The daily COVID-19 data for India and Sri Lanka is collected from:

https://github.com/owid/covid-19-data/tree/master/public/data

and that for Kerala from:

https://www.mygov.in/corona-data/covid19-statewise-status

We are interested in tracking the death rates per million of population on from 23/08/2020 to 29/09/2020. The mathematical model looks at how these rates progressed through a fixed window, from a starting date (t1) to an ending date (t2). We decided, after some experimenting that a 4-day interval suffices to compute a reasonable multiplying rate for each state. Shorter or long periods can also be used. For each entity, we compute the multiplying rate mT and note along with it the corresponding value of the death rate per million N1 on the starting date (t1). High mTs indicate rapid growth and zero values indicate that levelling off is complete.

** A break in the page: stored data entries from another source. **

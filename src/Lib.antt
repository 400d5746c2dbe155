-- ===== src/Lib.antt =====
-- A model of the R-Type server: the TCP gateway that clients and game servers connect to, the game
-- servers' side of its protocol, and the theorems that join the two.
--
-- The program. A gateway (server/src/Gateway) listens on TCP. Game servers register with it, tell
-- it their load and their games; clients ask it to join a game (JOIN) or to make one (CREATE). A
-- CREATE goes to the game server with the least games, whose answer goes back to the client. A game
-- server (server/src/GameServer) keeps one connection to the gateway, and talks to the players by
-- UDP: a datagram carries a header, which is checked, and a command; a client joins, answers a challenge
-- with a cookie, and from then on its input goes to the queue of its game, and it is sent snapshots. A game
-- runs on an engine whose systems (server/include/RTypeSrv/Systems.hpp) move the players and make the
-- snapshots that the game server sends. The program (core/src) reads its configuration and starts the
-- gateway and the game servers, each in a thread.
--
-- The files.
--   Wire: bytes, readers of a buffer at an offset, big-endian numbers
--     (server/include/RTypeSrv/inline/PacketParser.inl, GameServerPacketParser.hpp).
--   Gateway/State: the fields of `Gateway` (server/include/RTypeSrv/Gateway.hpp).
--   Gateway/Packets: `Gateway::PacketParser` (server/src/Gateway/PacketParser.cpp).
--   Gateway/Helpers, Gateway/Parse: server/src/Gateway/ParsePackets.cpp.
--   Gateway/Commands: the handlers of server/src/Gateway/Commands.
--   Gateway/Net: server/src/Gateway/Recv.cpp, Send.cpp, Helpers.cpp and Implementation.cpp.
--   Gateway/Server: the start and the end of the gateway, and its loop as a step relation.
--   GameServer/Packets: server/src/GameServer/GameServerPacketParser.cpp.
--   GameServer/State: the fields of `GameServer` (server/include/RTypeSrv/GameServer.hpp).
--   GameServer/Udp, GameServer/Snapshots: the header, the commands and the fragments of a datagram.
--   GameServer/Sessions: sessions, authentication, timers and what is sent to a client.
--   GameServer/Handlers, GameServer/Datagrams: the commands of a datagram and the path to them.
--   GameServer/Link, GameServer/Loop, GameServer/Server: the connection to the gateway, the parts of
--     the loop, the start and the end of the game server. GameServer/Run: its loop as a step relation.
--   Systems: server/include/RTypeSrv/Systems.hpp, a function per system.
--   Utils/IpToStr: server/src/Utils/IPToStr.cpp.
--   Core/Values, Core/Config: core/src/GetConfig.cpp. Core/Main: core/src/main.cpp, StartServer.cpp and
--     SetSigHandlers.cpp.
--   Text: what the code uses of C's and C++'s own texts: `sscanf`, `getline`, `<<` of a number.
--   Gateway/Directory: what the gateway promises of its game servers, without its tables, and who may
--     change it; Gateway/Refines joins it to the turns of the gateway's loop.
--   Protocol: the packets of the game server in the hands of the gateway.
-- The other files hold proofs and examples; each says of what.
--
-- How the code is read. An operation takes the state and returns the new one. A handler is a reader:
-- from a buffer and an offset it gives a value and the offset after it, or an exception with the offset
-- that the caller's reference has at the throw, or `oob` where it reads past the buffer, which is
-- undefined in C++. No handler changes the state before it throws, so an exception carries no state.
-- A byte, a port, a handle and an id are natural numbers, with the bounds as hypotheses where they
-- matter and the wrap-around of machine integers written out; `|` of disjoint bits is a sum. An
-- `unordered_map` is a list of entries: its order is unspecified in C++, and the theorems hold for
-- every list, so for every order. What `recv`, `send`, `accept`, `listen` and `poll` return is an
-- argument of the operation that calls them: they belong to the network library, a submodule.
--
-- A text is the list of its character codes. `sscanf` and `getline` follow the C and C++ standards; a
-- number that does not fit its type, which is undefined for `sscanf`, is a result of its own.
--
-- The engine, the cryptographic primitives and the clock are not under the repository's own
-- sources: a record `Crypto` of functions is a parameter, and the time is an argument. The engine's
-- query is the list of the entities, and `float` is any type with the operations that the systems use:
-- what is proved does not depend on its rounding.
--
-- Bounds and fuel. `parse_buffer` has the length of the buffer as fuel, which is enough, since a packet
-- that is handled takes five bytes at least; the buffer of the game server's connection and the cutting
-- of a snapshot into fragments have the length too, and the loops over the eight words of an address
-- have 8. `_parseErrors` is a byte, `_next_id` a 64-bit number.
--
-- How many threads there is room for, and how many the system starts, is the parameter `Host` of
-- Core/Main; an exception in a noexcept function ends the program. The use of a freed iterator, where a
-- challenge of a client expires, has the outcome `undefined`, and nothing is said of what comes after it.
--
-- Not modelled: what is logged, the hash functions, the registration of the handlers of signals, the
-- functions that nothing calls, and the build. The program itself does not put input in order or fragments
-- together, and sends nothing again: `_fragment_buffers` is read by nothing, and the numbers of what came
-- from a client are only sent back to it. The
-- submodules for the network and the engine are not in the repository; what they return is an argument.
mod Prelude
pub mod Text
pub mod Wire
pub mod Gateway
pub mod GameServer
pub mod Systems
pub mod Utils
pub mod Core
pub mod Protocol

Table 1. The multiplying rates over the latest 4-day window (25/09/2020 to 29/09/2020) for India, Kerala and Sri Lanka.

Table 1. The multiplying rates over the latest 4-day window (25/09/2020 to 29/09/2020) for India, Kerala and Sri Lanka.

Table 1 shows the multiplying rates over the latest 4-day window (25/09/2020 to 29/09/2020) for the 4-day period for the three entities we are tracking. The tracking had been done for every day from 23/08/2020 to 29/09/2020. We see that in the latest window, there has been no change for Sri Lanka. Kerala has a multiplying rate that is nearly three times that of India. It has therefore an exceedingly long way to go to reach herd immunity, i.e. when m becomes asymptotically zero. Sri Lankan fatality rates are one-thirtieth that of Kerala and one-hundredth that of India and yet it was Kerala that hogged the limelight until very recently, when reality finally sank in.

Figure 1. The funnel plot showing the dispersion of the multiplying factor m based on the latest 4-day window (25/09/2020 to 29/09/2020) vs the death rates per million of population on 25/09/2020 for Sri Lanka, Kerala, and India.

Figure 1. The funnel plot showing the dispersion of the multiplying factor m based on the latest 4-day window (25/09/2020 to 29/09/2020) vs the death rates per million of population on 25/09/2020 for Sri Lanka, Kerala, and India.

Figure 1 shows this condition graphically. It is the so-called inverted funnel plot showing the dispersion of the multiplying factor m based on the latest 4-day window (25/09/2020 to 29/09/2020) vs the death rates per million of population on 25/09/2020 for Sri Lanka, Kerala and India. One can interpret the lower right-hand corner of the triangle as the condition of herd immunity, i.e. a safe corner. India has some time to get there. Kerala is straggling somewhere at the peak and has an even longer and difficult days ahead before it nears the safe corner. This is the levelling off phase of the logistic curve. For some yet to be determined reason, Sri Lanka has defied the herd immunity condition! It is also not clear why when it is so like Kerala, it is so different in the way Covid-19 has affected it. Kerala is two and a half times more densely populated than Sri Lanka (860 per sq. km. to 345.6) but this is unlikely to lead to a 30-fold factor in fatality rate.